Disappointingly, this lame nonsense got an appreciative laugh rather than a collective squirm from an audience embarrassed at the comrade’s gaffe. This indicates either the sort of collective ignorance I mentioned above, or that the culture of cynicism runs deep through the ranks of SWP cadre, not simply its leadership (perhaps a mixture of the two). After all, there is no question that the SWP’s method is directly counterposed to the political heritage that it claims as its own - Lenin, the Bolsheviks and the early Communist International. These comrades must be aware on some level at least of the nature of the politics that this Comintern slogan was meant to embody and that their own practice runs directly counter to it.

Comrade Choonara’s session was one of a number at this year’s Marxism that provided important indicators on the parameters of the SWP’s work over the coming period.
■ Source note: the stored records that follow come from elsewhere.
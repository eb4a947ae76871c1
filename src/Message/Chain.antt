-- ===== src/Message/Chain.antt =====
-- Chained messages, qbus/message.cpp: `pack`, `unpack`, `attach` and the totals over a chain.
pub mod Blocks
pub mod Laws
pub mod Headers
use qbus.Prelude.{
  ℕ, ◌+◌, ◌-◌, List, [], ◌∷◌, ◌++◌, if◌then◌else◌, leb, length, take, drop, bit_and, bit_or,
}
use qbus.Bytes.{Mem, write_bytes, read_bytes}
use qbus.Message.{
  Pmessage, flg_head, flg_tail, data_offset, flags, capacity, set_flags, static_size,
}

-- `~FLG_HEAD` on a `flags_type`.
abbrev pub not_head : ℕ
not_head = 0xfffffffe

-- `m_pmessage->flags(m_pmessage->flags() & ~FLG_HEAD)`
unfoldable pub drop_head : Mem → ℕ → Mem
drop_head m p = set_flags m p (bit_and (flags m p) not_head)

-- `pack` returns the size of the packed data. Where a part of the data is left and no message is
-- chained, that part is not packed.
unfoldable pub pack : Mem → Pmessage → List ℕ → ℕ × Mem
pack m [] source = (0, m)
pack m (p ∷ []) source =
    let cpct = capacity m p in
    if leb (length source) cpct
    then (
      length source,
      set_flags (write_bytes m (p + data_offset) source) p (bit_or flg_head flg_tail),
    )
    else (cpct, set_flags (write_bytes m (p + data_offset) (take cpct source)) p flg_head)
pack m (p ∷ q ∷ rest) source =
    let cpct = capacity m p in
    let m' = set_flags (write_bytes m (p + data_offset) (take cpct source)) p flg_head in
    let (rest_size, m'') = pack m' (q ∷ rest) (drop cpct source) in
    if leb (length source) cpct
    then (
      length source,
      set_flags (write_bytes m (p + data_offset) source) p (bit_or flg_head flg_tail),
    )
    else (cpct + rest_size, drop_head m'' q)

-- `unpack`, as the bytes that it writes to `dest`.
unfoldable pub unpack : Mem → Pmessage → List ℕ
unpack m [] = []
unpack m (p ∷ rest) = read_bytes m (p + data_offset) (capacity m p) ++ unpack m rest

unfoldable pub total_capacity : Mem → Pmessage → ℕ
total_capacity m [] = 0
total_capacity m (p ∷ rest) = capacity m p + total_capacity m rest

-- `data_size` is `total_capacity`.
unfoldable pub data_size : Mem → Pmessage → ℕ
unfolding total_capacity
data_size m chain = total_capacity m chain

unfoldable pub total_size : Mem → Pmessage → ℕ
total_size m [] = 0
total_size m (p ∷ rest) = static_size (capacity m p) + total_size m rest

-- `attach` on the last message of a chain.
abbrev pub attach : Pmessage → ℕ → Pmessage
attach chain p = chain ++ p ∷ []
In its response to the anticipated protests and strike actions as the Con-Lib Dem government’s cuts start to really bite, the SWP will make what comrade Choonara called “serious” overtures to other forces - primarily the Labour Party at various levels - for joint campaigning work and action.

“Serious” here should be taken to mean proposals that are in effect non-aggression pacts - a method encapsulated by comrade Choonara as “the primacy of action over theory”. In truth, what is being talked about is the primacy of action over principle, a fact that had been even more starkly illustrated in comrade Charlie Kimber’s session on ‘Can the Labour Party revive?’ the previous day.

The comrade made some correct and important points during his opening. Labour’s defeat was not the result of Tory strength per se, but more of the alienation of millions of Labour voters from the party during the Blair years. Blair himself had been lucky; Labour’s unprecedented electoral success was explained primarily by the programmatic exhaustion and unelectability of the Tories, not the ideological hegemony of New Labourism. Despite working class alienation, the predictions of the likes of John McDonnell MP of a 1930s-style Labour wipe-out had not transpired because of a late surge of support from Labour’s traditional base, alarmed at the now real prospect of a Tory government for the first time in 13 years.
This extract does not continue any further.